MÖNCHENGLADBACH/KREIS HEINSBERG –  Am heutigen Donnerstag endete der vierte Verhandlungstag gegen den Hauptangeklagten Dominik S. wegen eines Brandanschlags am 6. Mai 2013 in Hückelhoven (Kreis Heinsberg, nrwrex berichtete) mit der Urteilsverkündung. Das Landgericht Mönchengladbach folgte in seinem Urteil den vier Anklagepunkten  – versuchter Mord, versuchte schwere Brandstiftung, Sachbeschädigung und gemeinschaftlicher Verstoß gegen das Waffengesetz – sowie der Forderung der Staatsanwaltschaft und verurteilte den heute 23-Jährigen zu einer fünfeinhalbjährigen Haftstrafe.  Das Urteil ist noch nicht rechtskräftig.

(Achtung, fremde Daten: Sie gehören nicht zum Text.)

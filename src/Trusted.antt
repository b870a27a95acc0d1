-- ===== src/Trusted.antt =====
-- The test that an executable belongs to root and that only root can write it: `trustedHook` of
-- src/cmd/qrmi-ocs-launch/main.go and `trustedExecutable` of src/cmd/qrmi-ocs-prolog-go/main.go.
use Prim.Native.Nat.{bit_and}
use qpu_resource.Prelude.{ℕ, Bool, false, ◌&&◌, [], ◌∷◌, Option, none, some, Text, ◌==◌}
use qpu_resource.FilePath.{is_abs}
use qpu_resource.Machine.{Machine, FileInfo}
use qpu_resource.Errors.{errorf, Result, ok, ◌>>=◌, ◌>>◌, guard, reply}

abbrev pub owned_by_root : Option ℕ → Bool
owned_by_root none = false
owned_by_root (some uid) = uid == 0

-- 0o022: group and others may not write.
abbrev pub only_root_writes : FileInfo → Bool
only_root_writes info = owned_by_root info.uid && info.is_regular && bit_and info.perm 0o022 == 0

module _ (m : Machine) where
  unfoldable pub trusted_hook : Text → Result Text
  trusted_hook path = do
    guard (is_abs path) (errorf "hook %s is not an absolute path" (path ∷ []))
    resolved ← reply (m.eval_symlinks path)
    info ← reply (m.stat resolved)
    guard (only_root_writes info)
        (errorf "hook %s is not a root-owned file that only root can write" (resolved ∷ []))
    ok resolved

  unfoldable pub trusted_executable : Text → Result Text
  trusted_executable path = do
    guard (is_abs path) (errorf "scheduler executable %s is not an absolute path" (path ∷ []))
    resolved ← reply (m.eval_symlinks path)
    info ← reply (m.stat resolved)
    guard (only_root_writes info)
        (errorf "scheduler executable %s is not root-owned and non-writable" (resolved ∷ []))
    ok resolved
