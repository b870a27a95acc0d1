-- ===== src/Launch.antt =====
-- src/cmd/qrmi-ocs-launch/main.go: the launcher, which starts a hook with a clean environment.
-- The change of the directory and `execve` are not modelled.
pub mod Options
use qpu_resource.Prelude.{
  Bool, true, false, List, [], ◌∷◌, ◌++◌, Option, none, some, Text, codes, text_eq, if◌then◌else◌,
}
use qpu_resource.Strings.{cut, has_prefix, cut_prefix}
use qpu_resource.FilePath.{base}
use qpu_resource.Machine.{Machine}
use qpu_resource.Errors.{errorf, Result, ok, err, ◌>>=◌, ◌>>◌}
use qpu_resource.Trusted.{trusted_hook}
use qpu_resource.Qrmiocs.LaunchEnv.{LaunchSettings, launch_env}

abbrev pub no_settings : LaunchSettings
no_settings = record {
  sge_root = [];
  sge_cell = [];
  spool_roots = [];
  qmaster_port = [];
  execd_port = [];
}

-- `--spool-root` adds a root; the others replace a value.
unfoldable pub set_option : Text → Text → LaunchSettings → Option LaunchSettings
unfolding text_eq
set_option name value s =
    if text_eq name (codes "--spool-root")
    then some (record s { spool_roots = s.spool_roots ++ (value ∷ []) })
    else if text_eq name (codes "--sge-root")
    then some (record s { sge_root = value })
    else if text_eq name (codes "--sge-cell")
    then some (record s { sge_cell = value })
    else if text_eq name (codes "--qmaster-port")
    then some (record s { qmaster_port = value })
    else if text_eq name (codes "--execd-port")
    then some (record s { execd_port = value })
    else none

-- The settings, and the arguments from the hook's path on.
abbrev pub Parsed : Type 0
Parsed = LaunchSettings × List Text

abbrev pub is_option : Text → Bool
is_option = has_prefix (codes "--")

-- The loop over the options.
unfoldable pub parse_options : LaunchSettings → List Text → Result Parsed
unfolding set_option cut cut_prefix
parse_options s [] = ok (s, [])
parse_options s (arg ∷ args) =
    if is_option arg
    then elim (set_option (cut b'=' arg).before (cut b'=' arg).after s) [
      | none ↦ err (errorf "unknown option %s" ((cut b'=' arg).before ∷ []))
      | some s' ↦ parse_options s' args
    ]
    else ok (s, arg ∷ args)

-- The path, the arguments and the environment of the hook.
pub record Command : Type 0 where
  pub path : Text
  pub argv : List Text
  pub env : List Text

module _ (m : Machine) (program : Text) (environ : List Text) where
  unfoldable pub start : Parsed → Result Command
  unfolding base
  start (s, []) = err (
      errorf
        "usage: %s --sge-root=DIR --sge-cell=CELL [--spool-root=DIR]... [--qmaster-port=N] [--execd-port=N] <hook> [hook arguments]"
        (base program ∷ []))
  start (s, hook ∷ args) = do
    env ← launch_env m environ s
    path ← trusted_hook m hook
    ok (record { path = path; argv = path ∷ args; env = env })

  -- `prepare`, with the program's name apart from its arguments.
  unfoldable pub prepare : List Text → Result Command
  unfolding parse_options
  prepare args = do parsed ← parse_options no_settings args; start parsed
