-- ===== src/Launch/Options.antt =====
-- The command line of the launcher carries every setting, and nothing after the hook's path is
-- read as an option.
use qpu_resource.Prelude.{
  false, List, [], ◌∷◌, ◌++◌, ◌≡◌, refl, sym, ◌∙◌, ap, Text, codes, text_eq, append_assoc,
  append-nil,
}
use qpu_resource.Strings.{cut, cut_prefix}
use qpu_resource.Machine.{Machine}
use qpu_resource.Errors.{ok, ◌>>=◌}
use qpu_resource.Trusted.{trusted_hook}
use qpu_resource.Qrmiocs.LaunchEnv.{LaunchSettings, launch_env}
use qpu_resource.Launch.{set_option, is_option, parse_options, start, prepare}

abbrev option_word : Text → Text → Text
option_word name value = name ++ (b'=' ∷ value)

abbrev pub root_words : List Text → List Text
root_words [] = []
root_words (root ∷ roots) = option_word (codes "--spool-root") root ∷ root_words roots

-- The options that give these settings.
abbrev pub option_words : LaunchSettings → List Text
option_words s =
    option_word (codes "--sge-root") s.sge_root
    ∷ option_word (codes "--sge-cell") s.sge_cell
    ∷ option_word (codes "--qmaster-port") s.qmaster_port
    ∷ option_word (codes "--execd-port") s.execd_port
    ∷ root_words s.spool_roots

pub parse_options-stop :
    (s : LaunchSettings) (hook : Text) (args : List Text)
    → is_option hook ≡ false
    → parse_options s (hook ∷ args) ≡ ok (s, hook ∷ args)
unfolding parse_options
parse_options-stop s hook args h = rw h refl

pub parse_options-roots :
    (s : LaunchSettings) (roots rest : List Text)
    → parse_options s (root_words roots ++ rest)
      ≡ parse_options (record s { spool_roots = s.spool_roots ++ roots }) rest
unfolding parse_options set_option cut text_eq cut_prefix
parse_options-roots s [] rest =
    λ i. parse_options (record s { spool_roots = sym (append-nil s.spool_roots) i }) rest
parse_options-roots s (root ∷ roots) rest =
    parse_options-roots (record s { spool_roots = s.spool_roots ++ (root ∷ []) }) roots rest ∙ λ i.
    parse_options (record s { spool_roots = append_assoc s.spool_roots (root ∷ []) roots i }) rest

-- Started with the options of these settings, a hook and its arguments, the launcher makes the
-- environment of these settings and starts the hook with just these arguments, provided that the
-- hook's path does not begin with `--`.
pub prepare-option_words :
    (m : Machine) (program : Text) (environ : List Text) (s : LaunchSettings) (hook : Text)
    (args : List Text)
    → is_option hook ≡ false
    → prepare m program environ (option_words s ++ (hook ∷ args)) ≡ (do
      env ← launch_env m environ s
      path ← trusted_hook m hook
      ok (record { path = path; argv = path ∷ args; env = env }))
unfolding prepare parse_options set_option cut text_eq cut_prefix start
prepare-option_words m program environ s hook args h =
    ap (λ parsed. parsed >>= start m program environ)
      (parse_options-roots (record s { spool_roots = [] }) s.spool_roots (hook ∷ args)
        ∙ parse_options-stop s hook args h)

Aufgrund des massiven Drogen- und Alkoholkonsums und wiederholter damit zusammenhängender Gewalttaten des Angeklagten – so auch am 6. Mai – ordnete das Gericht eine Unterbringung im Maßregelvollzug an. Somit kann der Verurteilte bei positivem Verlauf seiner Therapie auf eine Entlassung auf Bewährung in etwas mehr als zweieinhalb Jahren hoffen.

Motivsuche

Unklar blieb nach Auffassung des Gerichts das Motiv für den Molotowcocktail-Anschlag auf den von einer türkischstämmigen Familie betriebenen Kiosk im Ortsteil Ratheim. Die Nebenklage legte während des Prozesses zwar neues Beweismaterial in Form einer Dominik S. anzulastenden rassistischen Äußerung auf der Facebook-Seite des Angeklagten vor, deren Urheberschaft konnte diesem aber letztendlich nicht nachgewiesen werden. Seine teilweise neonazistischen Facebook-Freunde will er erst garnicht gekannt haben. Letztendlich blieb ungeklärt, warum am Tag der Eröffnung des Münchner NSU-Prozesses ein rechts eingestellter junger glatzköpfiger Mann im Alkohol- und Drogenrausch gemeinsam mit anderen Cliquenmitgliedern einen Brandsatz bastelte und diesen gegen den Kiosk einer migrantischen Familie warf.